» WHAT YOU NEED TO DO: Please return all of the entries below exactly as they are written.

---

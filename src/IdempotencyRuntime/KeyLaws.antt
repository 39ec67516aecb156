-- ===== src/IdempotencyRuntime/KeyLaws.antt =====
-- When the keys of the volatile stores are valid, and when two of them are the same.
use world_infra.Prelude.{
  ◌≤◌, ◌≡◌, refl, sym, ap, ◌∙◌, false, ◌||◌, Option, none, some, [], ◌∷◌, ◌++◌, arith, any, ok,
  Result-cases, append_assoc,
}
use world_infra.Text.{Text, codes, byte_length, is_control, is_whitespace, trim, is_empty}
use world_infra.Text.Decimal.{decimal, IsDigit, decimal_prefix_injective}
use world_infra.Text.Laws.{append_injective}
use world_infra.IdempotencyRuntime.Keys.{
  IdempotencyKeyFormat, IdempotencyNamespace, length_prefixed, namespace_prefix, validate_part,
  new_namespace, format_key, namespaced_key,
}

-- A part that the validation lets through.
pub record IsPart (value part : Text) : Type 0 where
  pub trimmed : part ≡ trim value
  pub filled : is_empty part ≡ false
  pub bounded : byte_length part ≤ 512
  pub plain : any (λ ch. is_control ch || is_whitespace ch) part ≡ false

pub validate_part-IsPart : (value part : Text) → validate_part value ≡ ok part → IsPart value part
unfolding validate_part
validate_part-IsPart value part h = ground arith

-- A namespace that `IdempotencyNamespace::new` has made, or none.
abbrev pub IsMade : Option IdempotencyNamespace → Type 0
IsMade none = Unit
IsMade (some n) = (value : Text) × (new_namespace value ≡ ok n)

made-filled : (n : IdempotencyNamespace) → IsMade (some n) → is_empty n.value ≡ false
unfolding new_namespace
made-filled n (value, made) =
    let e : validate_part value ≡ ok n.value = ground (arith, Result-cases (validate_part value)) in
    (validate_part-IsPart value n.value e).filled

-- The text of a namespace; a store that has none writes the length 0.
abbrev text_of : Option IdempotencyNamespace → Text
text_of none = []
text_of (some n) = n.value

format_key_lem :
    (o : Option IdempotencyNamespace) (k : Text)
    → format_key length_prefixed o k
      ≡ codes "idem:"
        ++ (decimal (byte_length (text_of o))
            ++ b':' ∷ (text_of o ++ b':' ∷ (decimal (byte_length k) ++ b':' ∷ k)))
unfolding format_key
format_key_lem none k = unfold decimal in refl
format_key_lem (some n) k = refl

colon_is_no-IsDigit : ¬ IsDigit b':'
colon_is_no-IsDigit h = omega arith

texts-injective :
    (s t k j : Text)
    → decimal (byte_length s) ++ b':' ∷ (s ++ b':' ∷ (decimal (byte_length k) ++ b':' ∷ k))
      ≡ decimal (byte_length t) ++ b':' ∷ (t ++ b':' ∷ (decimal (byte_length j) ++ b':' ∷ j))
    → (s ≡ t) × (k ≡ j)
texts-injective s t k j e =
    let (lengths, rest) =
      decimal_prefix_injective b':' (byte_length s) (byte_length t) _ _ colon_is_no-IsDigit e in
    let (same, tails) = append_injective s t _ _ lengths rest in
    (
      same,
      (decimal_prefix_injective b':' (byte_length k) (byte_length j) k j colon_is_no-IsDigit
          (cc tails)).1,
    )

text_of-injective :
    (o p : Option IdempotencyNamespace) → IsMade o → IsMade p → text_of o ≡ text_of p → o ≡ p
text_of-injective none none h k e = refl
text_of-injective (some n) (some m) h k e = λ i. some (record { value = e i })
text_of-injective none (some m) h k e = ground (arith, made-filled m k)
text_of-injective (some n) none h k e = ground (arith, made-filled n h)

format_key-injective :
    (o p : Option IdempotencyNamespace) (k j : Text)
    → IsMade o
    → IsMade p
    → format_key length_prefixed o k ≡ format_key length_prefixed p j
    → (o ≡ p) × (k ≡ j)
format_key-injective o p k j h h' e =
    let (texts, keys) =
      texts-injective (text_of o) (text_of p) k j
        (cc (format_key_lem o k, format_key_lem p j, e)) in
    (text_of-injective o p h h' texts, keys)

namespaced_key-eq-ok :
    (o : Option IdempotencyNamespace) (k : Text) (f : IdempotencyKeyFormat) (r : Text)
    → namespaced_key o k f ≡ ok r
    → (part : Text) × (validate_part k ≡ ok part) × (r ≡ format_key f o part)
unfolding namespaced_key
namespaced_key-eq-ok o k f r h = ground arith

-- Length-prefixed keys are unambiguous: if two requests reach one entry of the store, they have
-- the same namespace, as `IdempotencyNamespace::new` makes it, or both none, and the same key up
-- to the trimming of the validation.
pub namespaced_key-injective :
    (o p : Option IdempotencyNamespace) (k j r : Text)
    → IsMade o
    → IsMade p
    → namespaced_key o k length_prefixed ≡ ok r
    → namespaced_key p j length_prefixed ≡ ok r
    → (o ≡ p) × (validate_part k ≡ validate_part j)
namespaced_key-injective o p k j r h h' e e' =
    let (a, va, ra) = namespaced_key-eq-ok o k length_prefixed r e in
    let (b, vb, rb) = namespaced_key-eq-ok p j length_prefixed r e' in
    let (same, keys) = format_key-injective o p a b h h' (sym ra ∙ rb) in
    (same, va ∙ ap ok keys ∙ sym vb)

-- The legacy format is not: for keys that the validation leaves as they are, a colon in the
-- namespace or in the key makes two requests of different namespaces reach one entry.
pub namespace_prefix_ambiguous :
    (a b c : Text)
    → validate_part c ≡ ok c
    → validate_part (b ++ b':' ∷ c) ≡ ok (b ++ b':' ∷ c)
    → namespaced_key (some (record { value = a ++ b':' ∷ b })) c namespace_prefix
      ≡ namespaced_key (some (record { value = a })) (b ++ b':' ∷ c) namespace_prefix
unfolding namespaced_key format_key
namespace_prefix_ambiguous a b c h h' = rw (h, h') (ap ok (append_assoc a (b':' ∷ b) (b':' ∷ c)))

---

» EXPECTED ANSWER:
filename src/IdempotencyRuntime/KeyLaws.antt
repository 39ec67516aecb156
-- ===== src/IdempotencyRuntime/KeyLaws.antt =====
-- When the keys of the volatile stores are valid, and when two of them are the same.
use world_infra.Prelude.{
  ◌≤◌, ◌≡◌, refl, sym, ap, ◌∙◌, false, ◌||◌, Option, none, some, [], ◌∷◌, ◌++◌, arith, any, ok,
  Result-cases, append_assoc,
}
use world_infra.Text.{Text, codes, byte_length, is_control, is_whitespace, trim, is_empty}
use world_infra.Text.Decimal.{decimal, IsDigit, decimal_prefix_injective}
use world_infra.Text.Laws.{append_injective}
use world_infra.IdempotencyRuntime.Keys.{
  IdempotencyKeyFormat, IdempotencyNamespace, length_prefixed, namespace_prefix, validate_part,
  new_namespace, format_key, namespaced_key,
}

-- A part that the validation lets through.
pub record IsPart (value part : Text) : Type 0 where
  pub trimmed : part ≡ trim value
  pub filled : is_empty part ≡ false
  pub bounded : byte_length part ≤ 512
  pub plain : any (λ ch. is_control ch || is_whitespace ch) part ≡ false

pub validate_part-IsPart : (value part : Text) → validate_part value ≡ ok part → IsPart value part
unfolding validate_part
validate_part-IsPart value part h = ground arith

-- A namespace that `IdempotencyNamespace::new` has made, or none.
abbrev pub IsMade : Option IdempotencyNamespace → Type 0
IsMade none = Unit
IsMade (some n) = (value : Text) × (new_namespace value ≡ ok n)

made-filled : (n : IdempotencyNamespace) → IsMade (some n) → is_empty n.value ≡ false
unfolding new_namespace
made-filled n (value, made) =
    let e : validate_part value ≡ ok n.value = ground (arith, Result-cases (validate_part value)) in
    (validate_part-IsPart value n.value e).filled

-- The text of a namespace; a store that has none writes the length 0.
abbrev text_of : Option IdempotencyNamespace → Text
text_of none = []
text_of (some n) = n.value

format_key_lem :
    (o : Option IdempotencyNamespace) (k : Text)
    → format_key length_prefixed o k
      ≡ codes "idem:"
        ++ (decimal (byte_length (text_of o))
            ++ b':' ∷ (text_of o ++ b':' ∷ (decimal (byte_length k) ++ b':' ∷ k)))
unfolding format_key
format_key_lem none k = unfold decimal in refl
format_key_lem (some n) k = refl

colon_is_no-IsDigit : ¬ IsDigit b':'
colon_is_no-IsDigit h = omega arith

texts-injective :
    (s t k j : Text)
    → decimal (byte_length s) ++ b':' ∷ (s ++ b':' ∷ (decimal (byte_length k) ++ b':' ∷ k))
      ≡ decimal (byte_length t) ++ b':' ∷ (t ++ b':' ∷ (decimal (byte_length j) ++ b':' ∷ j))
    → (s ≡ t) × (k ≡ j)
texts-injective s t k j e =
    let (lengths, rest) =
      decimal_prefix_injective b':' (byte_length s) (byte_length t) _ _ colon_is_no-IsDigit e in
    let (same, tails) = append_injective s t _ _ lengths rest in
    (
      same,
      (decimal_prefix_injective b':' (byte_length k) (byte_length j) k j colon_is_no-IsDigit
          (cc tails)).1,
    )

text_of-injective :
    (o p : Option IdempotencyNamespace) → IsMade o → IsMade p → text_of o ≡ text_of p → o ≡ p
text_of-injective none none h k e = refl
text_of-injective (some n) (some m) h k e = λ i. some (record { value = e i })
text_of-injective none (some m) h k e = ground (arith, made-filled m k)
text_of-injective (some n) none h k e = ground (arith, made-filled n h)

format_key-injective :
    (o p : Option IdempotencyNamespace) (k j : Text)
    → IsMade o
    → IsMade p
    → format_key length_prefixed o k ≡ format_key length_prefixed p j
    → (o ≡ p) × (k ≡ j)
format_key-injective o p k j h h' e =
    let (texts, keys) =
      texts-injective (text_of o) (text_of p) k j
        (cc (format_key_lem o k, format_key_lem p j, e)) in
    (text_of-injective o p h h' texts, keys)

namespaced_key-eq-ok :
    (o : Option IdempotencyNamespace) (k : Text) (f : IdempotencyKeyFormat) (r : Text)
    → namespaced_key o k f ≡ ok r
    → (part : Text) × (validate_part k ≡ ok part) × (r ≡ format_key f o part)
unfolding namespaced_key
namespaced_key-eq-ok o k f r h = ground arith

-- Length-prefixed keys are unambiguous: if two requests reach one entry of the store, they have
-- the same namespace, as `IdempotencyNamespace::new` makes it, or both none, and the same key up
-- to the trimming of the validation.
pub namespaced_key-injective :
    (o p : Option IdempotencyNamespace) (k j r : Text)
    → IsMade o
    → IsMade p
    → namespaced_key o k length_prefixed ≡ ok r
    → namespaced_key p j length_prefixed ≡ ok r
    → (o ≡ p) × (validate_part k ≡ validate_part j)
namespaced_key-injective o p k j r h h' e e' =
    let (a, va, ra) = namespaced_key-eq-ok o k length_prefixed r e in
    let (b, vb, rb) = namespaced_key-eq-ok p j length_prefixed r e' in
    let (same, keys) = format_key-injective o p a b h h' (sym ra ∙ rb) in
    (same, va ∙ ap ok keys ∙ sym vb)

-- The legacy format is not: for keys that the validation leaves as they are, a colon in the
-- namespace or in the key makes two requests of different namespaces reach one entry.
pub namespace_prefix_ambiguous :
    (a b c : Text)
    → validate_part c ≡ ok c
    → validate_part (b ++ b':' ∷ c) ≡ ok (b ++ b':' ∷ c)
    → namespaced_key (some (record { value = a ++ b':' ∷ b })) c namespace_prefix
      ≡ namespaced_key (some (record { value = a })) (b ++ b':' ∷ c) namespace_prefix
unfolding namespaced_key format_key
namespace_prefix_ambiguous a b c h h' = rw (h, h') (ap ok (append_assoc a (b':' ∷ b) (b':' ∷ c)))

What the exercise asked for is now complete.